From congenital malformations of the fetus, alas, no one is immune. Whatever healthy way of life the future parents did not lead, they too fall into the risk group. According to statistics, about 5% of children with defects and malformations are born in the world.
It is based on the above, doctors are trying to provide the youngest family with the most complete information about their expected child. The main task of modern doctors is to identify congenital diseases of the fetus, to establish the prospects for its development.
Malformations of the fetus are congenital and acquired in the process of intrauterine development. Diagnosing the malformations of the fetus is very difficult, because they are unpredictable in their manifestations. This diagnostics is handled by the following specialists: obstetricians, genetics, neonatologists.
Down's disease.

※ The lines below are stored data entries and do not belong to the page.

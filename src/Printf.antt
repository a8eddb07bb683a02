-- ===== src/Printf.antt =====
-- `printf` of student-distrib/lib.c.
pub mod Pieces
pub mod Numbers
pub mod Shown
mod Tests
use my_linux_os.Common.{
  ℕ, ◌-◌, ◌^◌, ◌+◌, ◌%◌, List, [], ◌∷◌, ◌++◌, Option, none, some, Bool, true, false, ◌==◌, ◌||◌,
  ltb, if◌then◌else◌, ◌>>=◌, drop, take, replicate,
}
use my_linux_os.Str.{strlen, itoa}
use my_linux_os.Screen.{Screen, putc, puts}

-- An argument on the stack: the 32 bits of a number, or a pointer, given as the buffer it leads to.
pub data Arg : Type 0 where
  word : ℕ → Arg
  string : List ℕ → Arg

-- The next argument; `none` is an argument that is missing or of the other kind.
abbrev pub next_word : List Arg → Option (ℕ × List Arg)
next_word (word v ∷ args) = some (v, args)
next_word (string s ∷ args) = none
next_word [] = none

abbrev pub next_string : List Arg → Option (List ℕ × List Arg)
next_string (string s ∷ args) = some (s, args)
next_string (word v ∷ args) = none
next_string [] = none

-- The text of `%#x`: the digits are put at place 8 of `conv_buf`, and zeros from the place that is
-- their number up to there.
unfoldable pub padded_hex : List ℕ → ℕ → Option (List ℕ)
padded_hex conv_buf v = itoa v (drop 8 conv_buf) 16 >>= λ digits.
    strlen digits >>= λ n. some (replicate (8 - n) 0x30 ++ drop (n - 8) digits)

-- The text of `%d`
unfoldable pub signed_text : List ℕ → ℕ → Option (List ℕ)
signed_text [] v = none
signed_text (b ∷ conv_buf) v =
    if ltb v (2 ^ 31)
    then itoa v (b ∷ conv_buf) 10
    else (itoa (2 ^ 32 - v) conv_buf 10 >>= λ digits. some (0x2d ∷ digits))

-- The text of a number by its conversion character, in a buffer with the bytes `stack`.
unfoldable pub number_text : List ℕ → (alternate : Bool) → ℕ → ℕ → Option (List ℕ)
unfolding padded_hex signed_text
number_text stack alternate c v =
    if c == 0x78
    then if alternate then padded_hex (take 64 stack) v else itoa v (take 64 stack) 16
    else if c == 0x75
    then itoa v (take 36 stack) 10
    else signed_text (take 36 stack) v

-- One conversion: the arguments that are left, and the screen.
unfoldable pub convert : List ℕ → Bool → ℕ → List Arg → Screen → Option (List Arg × Screen)
unfolding number_text
convert stack alternate c args s =
    if c == 0x25
    then some (args, putc 0x25 s)
    else if c == 0x78 || (c == 0x75 || c == 0x64)
    then (next_word args >>= λ a.
        number_text stack alternate c a.0 >>= λ text. puts text s >>= λ shown. some (a.1, shown.1))
    else if c == 0x63
    then (next_word args >>= λ a. some (a.1, putc (a.0 % 256) s))
    else if c == 0x73
    then (next_string args >>= λ a. puts a.0 s >>= λ shown. some (a.1, shown.1))
    else some (args, s)

-- Where the scan of the format is: outside of a conversion, or behind its `%`.
pub data Mode : Type 0 where
  plain : Mode
  conversion : (alternate : Bool) → Mode

-- One character of the format, not its end.
unfoldable pub print_step :
    List ℕ → Mode → ℕ → List Arg → Screen → Option (Mode × List Arg × Screen)
unfolding convert
print_step stack plain c args s =
    if c == 0x25 then some (conversion false, args, s) else some (plain, args, putc c s)
print_step stack (conversion alternate) c args s =
    if c == 0x23
    then some (conversion true, args, s)
    else (convert stack alternate c args s >>= λ r. some (plain, r.0, r.1))

abbrev pub at_end : Mode → ℕ → Bool
at_end plain c = c == 0
at_end (conversion alternate) c = false

-- The loop over the format: how many characters it has passed, and the screen.
unfoldable pub scan_format : List ℕ → Mode → List ℕ → List Arg → Screen → Option (ℕ × Screen)
unfolding print_step
scan_format stack mode [] args s = none
scan_format stack mode (c ∷ format) args s =
    if at_end mode c
    then some (0, s)
    else (print_step stack mode c args s >>= λ next.
        scan_format stack next.0 format next.1 next.2 >>= λ r. some (r.0 + 1, r.1))

-- `printf`; `stack` has the bytes of the uninitialised `conv_buf`.
abbrev pub printf : List ℕ → List ℕ → List Arg → Screen → Option (ℕ × Screen)
printf stack format args s = scan_format stack plain format args s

This chromosomal disease is not uncommon, since Down's syndrome is born to 1 newborn out of 800. Down's syndrome is based on an anomaly in the chromosome set. The reasons for this have not yet been fully elucidated - with the development of a fertilized egg in the 21st pair ripens instead of 2 chromosomes - 3. People with Down's syndrome suffer from dementia and physical abnormalities. And, the older the woman, the more she has the risk of having a child with Down's syndrome.
Phenylketonuria. This is a hereditary disease characterized by mental abnormalities and a violation in physical development. This congenital disease is associated with impaired amino acid exchange of phenylalanine. This disease is detected in all newborns on day 5 of life. If the disease is identified, the newborn is prescribed a special diet that will not allow the disease to develop.

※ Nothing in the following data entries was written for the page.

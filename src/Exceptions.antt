-- ===== src/Exceptions.antt =====
-- student-distrib/exceptions.c: the message of an exception, and the end of the program that raised it.
pub mod Squash
mod Tests
use my_linux_os.Common.{
  ℕ, ◌+◌, List, [], ◌∷◌, ◌++◌, Option, none, some, ◌==◌, if◌then◌else◌, ◌>>=◌, get_elem?,
}
use my_linux_os.Screen.{Screen}
use my_linux_os.Printf.{printf}
use my_linux_os.Kernel.{Kernel, with_screen}
use my_linux_os.Process.{Frame, Halted, syscall_halt}

-- "EXCEPTION: ", which all messages begin with.
abbrev pub prefix : List ℕ
prefix = 0x45 ∷ 0x58 ∷ 0x43 ∷ 0x45 ∷ 0x50 ∷ 0x54 ∷ 0x49 ∷ 0x4f ∷ 0x4e ∷ 0x3a ∷ 0x20 ∷ []

-- The messages behind it, by the number of the exception.
abbrev pub messages : List (List ℕ)
messages =
    (0x44 ∷ 0x69 ∷ 0x76 ∷ 0x69 ∷ 0x64 ∷ 0x65 ∷ 0x20 ∷ 0x62 ∷ 0x79 ∷ 0x20 ∷ 0x5a ∷ 0x65 ∷ 0x72 ∷ 0x6f
      ∷ [])
    ∷ (0x44 ∷ 0x65 ∷ 0x62 ∷ 0x75 ∷ 0x67 ∷ [])
    ∷ (0x4e ∷ 0x4d ∷ 0x49 ∷ 0x20 ∷ 0x49 ∷ 0x6e ∷ 0x74 ∷ 0x65 ∷ 0x72 ∷ 0x72 ∷ 0x75 ∷ 0x70 ∷ 0x74
        ∷ [])
    ∷ (0x42 ∷ 0x72 ∷ 0x65 ∷ 0x61 ∷ 0x6b ∷ 0x70 ∷ 0x6f ∷ 0x69 ∷ 0x6e ∷ 0x74 ∷ [])
    ∷ (0x4f ∷ 0x76 ∷ 0x65 ∷ 0x72 ∷ 0x46 ∷ 0x6c ∷ 0x6f ∷ 0x77 ∷ [])
    ∷ (0x42 ∷ 0x4f ∷ 0x55 ∷ 0x4e ∷ 0x44 ∷ 0x20 ∷ 0x52 ∷ 0x61 ∷ 0x6e ∷ 0x67 ∷ 0x65 ∷ 0x20 ∷ 0x45
        ∷ 0x78 ∷ 0x63 ∷ 0x65 ∷ 0x65 ∷ 0x64 ∷ [])
    ∷ (0x49 ∷ 0x6e ∷ 0x76 ∷ 0x61 ∷ 0x6c ∷ 0x69 ∷ 0x64 ∷ 0x20 ∷ 0x4f ∷ 0x70 ∷ 0x63 ∷ 0x6f ∷ 0x64
        ∷ 0x65 ∷ [])
    ∷ (0x44 ∷ 0x65 ∷ 0x76 ∷ 0x69 ∷ 0x63 ∷ 0x65 ∷ 0x20 ∷ 0x4e ∷ 0x6f ∷ 0x74 ∷ 0x20 ∷ 0x41 ∷ 0x76
        ∷ 0x61 ∷ 0x69 ∷ 0x6c ∷ 0x61 ∷ 0x62 ∷ 0x6c ∷ 0x65 ∷ [])
    ∷ (0x44 ∷ 0x6f ∷ 0x75 ∷ 0x62 ∷ 0x6c ∷ 0x65 ∷ 0x20 ∷ 0x46 ∷ 0x61 ∷ 0x75 ∷ 0x6c ∷ 0x74 ∷ [])
    ∷ (0x43 ∷ 0x6f ∷ 0x70 ∷ 0x72 ∷ 0x6f ∷ 0x63 ∷ 0x65 ∷ 0x73 ∷ 0x73 ∷ 0x6f ∷ 0x72 ∷ 0x20 ∷ 0x53
        ∷ 0x65 ∷ 0x67 ∷ 0x6d ∷ 0x65 ∷ 0x6e ∷ 0x74 ∷ 0x20 ∷ 0x4f ∷ 0x76 ∷ 0x65 ∷ 0x72 ∷ 0x72 ∷ 0x75
        ∷ 0x6e ∷ [])
    ∷ (0x49 ∷ 0x6e ∷ 0x76 ∷ 0x61 ∷ 0x6c ∷ 0x69 ∷ 0x64 ∷ 0x20 ∷ 0x54 ∷ 0x53 ∷ 0x53 ∷ [])
    ∷ (0x53 ∷ 0x65 ∷ 0x67 ∷ 0x6d ∷ 0x65 ∷ 0x6e ∷ 0x74 ∷ 0x20 ∷ 0x4e ∷ 0x6f ∷ 0x74 ∷ 0x20 ∷ 0x50
        ∷ 0x72 ∷ 0x65 ∷ 0x73 ∷ 0x65 ∷ 0x6e ∷ 0x74 ∷ [])
    ∷ (0x53 ∷ 0x74 ∷ 0x61 ∷ 0x63 ∷ 0x6b ∷ 0x20 ∷ 0x46 ∷ 0x61 ∷ 0x75 ∷ 0x6c ∷ 0x74 ∷ [])
    ∷ (0x47 ∷ 0x65 ∷ 0x6e ∷ 0x65 ∷ 0x72 ∷ 0x61 ∷ 0x6c ∷ 0x20 ∷ 0x50 ∷ 0x72 ∷ 0x6f ∷ 0x74 ∷ 0x65
        ∷ 0x63 ∷ 0x74 ∷ 0x69 ∷ 0x6f ∷ 0x6e ∷ [])
    ∷ (0x50 ∷ 0x61 ∷ 0x67 ∷ 0x65 ∷ 0x2d ∷ 0x46 ∷ 0x61 ∷ 0x75 ∷ 0x6c ∷ 0x74 ∷ 0x20 ∷ 0x45 ∷ 0x78
        ∷ 0x63 ∷ 0x65 ∷ 0x70 ∷ 0x74 ∷ 0x69 ∷ 0x6f ∷ 0x6e ∷ [])
    ∷ (0x49 ∷ 0x6e ∷ 0x74 ∷ 0x65 ∷ 0x6c ∷ 0x20 ∷ 0x52 ∷ 0x65 ∷ 0x73 ∷ 0x65 ∷ 0x72 ∷ 0x76 ∷ 0x65
        ∷ 0x64 ∷ [])
    ∷ (0x46 ∷ 0x50 ∷ 0x55 ∷ 0x20 ∷ 0x46 ∷ 0x6c ∷ 0x6f ∷ 0x61 ∷ 0x74 ∷ 0x69 ∷ 0x6e ∷ 0x67 ∷ 0x20
        ∷ 0x50 ∷ 0x6f ∷ 0x69 ∷ 0x6e ∷ 0x74 ∷ [])
    ∷ (0x41 ∷ 0x6c ∷ 0x69 ∷ 0x67 ∷ 0x6e ∷ 0x6d ∷ 0x65 ∷ 0x6e ∷ 0x74 ∷ 0x20 ∷ 0x43 ∷ 0x68 ∷ 0x65
        ∷ 0x63 ∷ 0x6b ∷ [])
    ∷ (0x4d ∷ 0x61 ∷ 0x63 ∷ 0x68 ∷ 0x69 ∷ 0x6e ∷ 0x65 ∷ 0x2d ∷ 0x43 ∷ 0x68 ∷ 0x65 ∷ 0x63 ∷ 0x6b
        ∷ [])
    ∷ (0x53 ∷ 0x49 ∷ 0x4d ∷ 0x44 ∷ 0x20 ∷ 0x46 ∷ 0x6c ∷ 0x6f ∷ 0x61 ∷ 0x74 ∷ 0x69 ∷ 0x6e ∷ 0x20
        ∷ 0x50 ∷ 0x6f ∷ 0x69 ∷ 0x6e ∷ 0x74 ∷ [])
    ∷ []

-- The `switch` over the exceptions: any other number prints nothing.
unfoldable pub print_message : List ℕ → Option (List ℕ) → Screen → Option Screen
print_message stack none s = some s
print_message stack (some message) s =
    printf stack ((prefix ++ message) ++ 0 ∷ []) [] s >>= λ r. some r.1

-- `exceptions`
unfoldable pub exceptions : List ℕ → Frame → ℕ → Kernel → Option Halted
unfolding print_message
exceptions stack f entry k =
    print_message stack (get_elem? messages entry) k.console.screen >>= λ s1.
    printf stack (0x0a ∷ 0 ∷ []) [] s1 >>= λ r.
    syscall_halt f 0 (record (with_screen r.1 k) { globalflag = 1 })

Hemophilia. This congenital disease is transmitted from mother to son. Its manifestations are blood incoagulability, increased bleeding.
Congenital prophets of fetal development very often occur in the early stages of pregnancy, if the fetus is affected by various adverse factors, for example, radiation (X-rays), the use of drugs without prescribing a doctor (especially dangerous to take medication in the first months of pregnancy), drinking, bad habits , contact with toxic substances.
Also, congenital malformations of the fetus include the following: heart defects, extra fingers and toes, "hare" lip, hip dislocation.
Families at risk of having a child with congenital malformations:
- families with hereditary diseases;
- families with children suffering from congenital malformations;
- families in which were stillborn children or miscarriages;
- Families after 40 years.
Modern medicine has methods for diagnosing congenital malformations of the fetus at early stages. At the time of pregnancy until the 13th week, ultrasound is done to identify Down's syndrome in the fetus. Until the 24th week, a pregnant woman's blood test for fetal malformations is taken. Between the 20th and 24th weeks of pregnancy makes an in-depth ultrasound, where the development of the brain, face, heart, kidneys, liver, limbs of the fetus is checked.